# Noob Question



## middlefork (Nov 2, 2008)

So Santa brought me a CVA Opitma V2 .50 for Christmas along with some 309 primers and Pyrodex pellets. Also thrown in were some Powerbelt 295 grain Aerotip bullets.
This gun will only be used in Utah and mostly for elk.
Having read more than a few bad reviews on Powerbelts I would be interested in trying something like a SST in 300 grain.
My question is how much experimenting is really needed to come up with a satisfactory load for elk or deer out to 100-150 yards. And what size pattern is considered acceptable?
My background is mostly archery so I kind of relate to the 2" @20yrds 6" @60yrds type accuracy.
Just don't want to break the bank buying a bunch of bullets or powders just getting started.
Thanks


----------



## BPturkeys (Sep 13, 2007)

I'd just go ahead and shoot a few of those Powerbelts and see how they work, who knows, might be all you need. In reality if you're grouping 3-4 inches at 150 yards you're not going to miss many elk 'cause of the load. The main thing with BP rifles in a hunting situation is ease of loading. I found Powerbelts very hard to load(in my rifle,not a CVA) so I don't use them. Also, I use loose powder, tough to adjust a load with pellets.


----------



## silentstalker (Feb 19, 2008)

I have an CVA Accura MR and I shoot the .452 300 gr. Hornady XTP Mag. They shoot incredibly well and are tons cheaper than the powerbelts and perform a lot better for deer and elk. 

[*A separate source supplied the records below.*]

-- ===== src/Ratelimiter.antt =====
-- The rate limiter, v_exchanges_api_generics/src/ratelimiter: nanosecond counts, the clock, quotas,
-- the GCRA decision, the atomic state cell and the keyed limiter, with their laws.
pub mod Nanos
pub mod Clock
pub mod Quota
pub mod Gcra
pub mod StateStore
pub mod Interleaving
pub mod Limiter
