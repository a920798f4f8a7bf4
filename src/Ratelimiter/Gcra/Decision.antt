-- ===== src/Ratelimiter/Gcra/Decision.antt =====
-- What one GCRA decision does, read without the wrap-around of machine words.
use v_exchanges.Prelude.{
  ℕ, ◌+◌, ◌-◌, ◌*◌, ◌≤◌, ◌<◌, ◌≡◌, ◌⊎◌, inl, inr, max, Option, none, some, ok, err, u64_mod, arith,
  Bool-cases, ltb,
}
use v_exchanges.Ratelimiter.Nanos.{Nanos}
use v_exchanges.Ratelimiter.Gcra.{Gcra, NotUntil, decide, measured}

-- The parameters of a limiter up to a time `horizon`: a cell has a weight, a burst holds at least
-- one cell, and no sum of the decision passes 2 ^ 64 nanoseconds.
pub record IsSound (g : Gcra) (horizon : ℕ) : Type 0 where
  pub weighs : 0 < g.t
  pub holds : g.t ≤ g.tau
  pub fits : horizon + 2 * g.tau < u64_mod

-- A refusal: the time from which a cell conforms, as the snapshot states it.
abbrev pub refusal : Gcra → Nanos → Nanos → NotUntil
refusal g start earliest = record {
  state = record { t = g.t; tau = g.tau; time_of_measurement = earliest; tat = earliest };
  start = start;
}

module _ (g : Gcra) (start weight t0 : Nanos) (horizon : ℕ) (sound : IsSound g horizon) where
  -- A weight within the burst passes at a time up to the horizon exactly when the state is at most
  -- the burst ahead of that time; it moves the state by the weight, from the later of the two. All
  -- else is refused until the state is the burst ahead.
  pub decide_cases :
      (state : Option Nanos)
      → t0 ≤ horizon
      → weight ≤ g.tau
      → let tat = measured g t0 state in
        ((tat ≤ t0 + g.tau) × (decide g start weight t0 state ≡ ok (tt, max tat t0 + weight)))
        ⊎ ((t0 + g.tau < tat)
            × (decide g start weight t0 state ≡ err (refusal g start (tat - g.tau))))
  unfolding decide
  decide_cases none h w = inl (ground arith, ground arith)
  decide_cases (some tat) h w = elim (Bool-cases (ltb t0 (tat - g.tau))) [
    | inl late ↦ inr (ground arith, ground arith)
    | inr early ↦ inl (ground arith, ground arith)
  ]
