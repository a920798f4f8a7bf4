-- ===== src/Ratelimiter/Gcra/Replay.antt =====
-- Runs of granted requests on one state cell, and the rate that they keep.
use v_exchanges.Prelude.{
  ℕ, ◌+◌, ◌*◌, ◌≤◌, ◌<◌, ◌≡◌, refl, ap, ◌⊎◌, inl, inr, max, List, [], ◌∷◌, Option, none, some, ok,
  err, arith, saturating_mul, Option-cases,
}
use v_exchanges.Ratelimiter.Nanos
use v_exchanges.Ratelimiter.Nanos.{Nanos}
use v_exchanges.Ratelimiter.Gcra.{Gcra, decide, measured}
use v_exchanges.Ratelimiter.Gcra.Decision.{IsSound, decide_cases}
use v_exchanges.Ratelimiter.StateStore.{nonzero}

-- A request: its time since the limiter's start, and its number of weight units.
abbrev pub Request : Type 0
Request = Nanos × ℕ

-- What one request does to a cell: its new content, or none for a refusal.
unfoldable pub grant : Gcra → Request → ℕ → Option ℕ
grant g (t0, n) cell = elim (decide g 0 (Nanos.mul g.t n) t0 (nonzero cell)) [
  | ok (_, next) ↦ some next
  | err _ ↦ none
]

-- Requests that are all granted, oldest first, and the cell behind the last.
unfoldable pub replay : Gcra → List Request → ℕ → Option ℕ
replay g [] cell = some cell
replay g (r ∷ rest) cell = elim (grant g r cell) [ none ↦ none | some next ↦ replay g rest next ]

abbrev pub units : List Request → ℕ
units [] = 0
units ((_, n) ∷ rest) = n + units rest

-- A request up to the horizon, of a weight that the assertion of `test_and_update_n` lets through.
abbrev pub IsAllowed : Gcra → ℕ → Request → Type 0
IsAllowed g horizon (t0, n) = (t0 ≤ horizon) × (saturating_mul g.t n ≤ g.tau)

abbrev pub AllAllowed : Gcra → ℕ → List Request → Type 0
AllAllowed g horizon [] = Unit {0}
AllAllowed g horizon (r ∷ rest) = IsAllowed g horizon r × AllAllowed g horizon rest

-- The first of a run of grants.
pub replay-cons :
    (g : Gcra) (r : Request) (rest : List Request) (cell last : ℕ)
    → replay g (r ∷ rest) cell ≡ some last
    → (next : ℕ) × (grant g r cell ≡ some next) × (replay g rest next ≡ some last)
unfolding replay
replay-cons g r rest cell last e = elim (Option-cases (grant g r cell)) [
  | inl refused ↦ cc
  | inr (next, p) ↦ (next, p, cc)
]

pub replay-grant :
    (g : Gcra) (r : Request) (rest : List Request) (cell next : ℕ)
    → grant g r cell ≡ some next
    → replay g (r ∷ rest) cell ≡ replay g rest next
unfolding replay
replay-grant g r rest cell next e = rw (e, replay)

pub replay-refused :
    (g : Gcra) (r : Request) (rest : List Request) (cell : ℕ)
    → grant g r cell ≡ none
    → replay g (r ∷ rest) cell ≡ none
unfolding replay
replay-refused g r rest cell e = rw (e, replay)

pub replay-nil : (g : Gcra) (cell : ℕ) → replay g [] cell ≡ some cell
unfolding replay
replay-nil g cell = refl

module _ (g : Gcra) (horizon : ℕ) (sound : IsSound g horizon) where
  -- The assertion keeps the weight's product from wrapping.
  pub mul-of_IsAllowed :
      (r : Request) → IsAllowed g horizon r → (Nanos.mul g.t r.1 ≡ g.t * r.1) × (g.t * r.1 ≤ g.tau)
  mul-of_IsAllowed (t0, n) (_, h) =
      let fits : g.t * n ≤ g.tau = omega (arith, sound.fits) in (omega (arith, sound.fits), fits)

  -- A request is granted exactly when the cell is at most the burst ahead of its time.
  pub grant_cases :
      (r : Request) (cell : ℕ)
      → IsAllowed g horizon r
      → let tat = measured g r.0 (nonzero cell) in
        ((tat ≤ r.0 + g.tau) × (grant g r cell ≡ some (max tat r.0 + g.t * r.1)))
        ⊎ ((r.0 + g.tau < tat) × (grant g r cell ≡ none))
  unfolding grant
  grant_cases (t0, n) cell h =
      let (e, w) = mul-of_IsAllowed (t0, n) h in
      elim (decide_cases g 0 (Nanos.mul g.t n) t0 horizon sound (nonzero cell) h.0 (omega arith)) [
        | inl (le, p) ↦ inl (
          le,
          rw (p, grant) (ap some (ap (λ (k : ℕ). max (measured g t0 (nonzero cell)) t0 + k) e)),
        )
        | inr (lt, p) ↦ inr (lt, rw (p, grant) refl)
      ]

  -- A grant moves the cell by the weight at least, and past the request's time by as much.
  pub grant_grows :
      (r : Request) (cell : ℕ) {next : ℕ}
      → IsAllowed g horizon r
      → grant g r cell ≡ some next
      → (cell + g.t * r.1 ≤ next) × (r.0 + g.t * r.1 ≤ next) × (cell ≤ r.0 + g.tau)
  grant_grows (t0, n) cell h e = ground (arith, grant_cases (t0, n) cell h, sound.holds)

  pub replay_grows :
      (log : List Request) (cell last : ℕ)
      → AllAllowed g horizon log
      → replay g log cell ≡ some last
      → cell + g.t * units log ≤ last
  unfolding replay
  replay_grows [] cell last h e = ground arith
  replay_grows (r ∷ rest) cell last h e =
      let (next, p, q) = replay-cons g r rest cell last e in
      omega (arith, grant_grows r cell h.0 p, replay_grows rest next last h.1 q)

  -- The rate that is kept: over any run of grants on one cell, whatever it held before, the weight of
  -- all requests but the last fits into the time from the first request to the last, plus one burst.
  pub rate_bound :
      (first : Request) (mid : List Request) (final : Request) (cell before after : ℕ)
      → AllAllowed g horizon (first ∷ mid)
      → IsAllowed g horizon final
      → replay g (first ∷ mid) cell ≡ some before
      → grant g final before ≡ some after
      → first.0 + g.t * units (first ∷ mid) ≤ final.0 + g.tau
  rate_bound first mid final cell before after h k e f =
      let (next, p, q) = replay-cons g first mid cell before e in
      omega (
        arith,
        grant_grows first cell h.0 p,
        replay_grows mid next before h.1 q,
        grant_grows final before k f,
      )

As BP said, loose powder allows for more fine tuning and consistent loads which breeds accuracy. 

I'm shooting CCI 209 primers, blackhorn 209 (with the blackhorn breech plug) and the xtp's. I like blackhorn because its cleaner and more potent. I use less powder and get equal or more energy from it.

Both my daughter and I shot our deer this year with this combo and both deer dropped in their tracks. Another buddy shot the 240 gr. XTP non mag with the same result.


----------



## justismi28 (Aug 19, 2014)

I wouldn't let anyone tell you what is "acceptable" as everyone has different standards when it comes to accuracy. Some people are happy being somewhere on a paper plate at 100 yds, while others like myself like to keep it a lot tighter. Your gun is capable of shooting as good as you can.

For your first muzzleloader, take what you have out and get used to it. I (and many others) can recommend loads...but nothing is going to beat trigger time. Get familiar with shooting and reloading. Elevate your heart rate and practice reloading when out of breath. You may really like how the PB's shoot, and if you choose to trust them that is your choice and second guessing will only hurt you.

You have 11 months before the general elk opener. Buying a new bullet or powder a month should give you a nice collection to test and shoot throughout the year without "breaking the bank".


----------



## silentstalker (Feb 19, 2008)

Just for reference, here is what my Accura MR is capable of after a summer of testing bullets and powder charges. To say I am pleased is an understatement. That's 3 shots from a solid dead rest from 100 yards.


----------



## middlefork (Nov 2, 2008)

justismi28 said:


> I wouldn't let anyone tell you what is "acceptable" as everyone has different standards when it comes to accuracy. Some people are happy being somewhere on a paper plate at 100 yds, while others like myself like to keep it a lot tighter. Your gun is capable of shooting as good as you can.
> 
> For your first muzzleloader, take what you have out and get used to it. I (and many others) can recommend loads...but nothing is going to beat trigger time. Get familiar with shooting and reloading. Elevate your heart rate and practice reloading when out of breath. You may really like how the PB's shoot, and if you choose to trust them that is your choice and second guessing will only hurt you.
> 
> You have 11 months before the general elk opener. Buying a new bullet or powder a month should give you a nice collection to test and shoot throughout the year without "breaking the bank".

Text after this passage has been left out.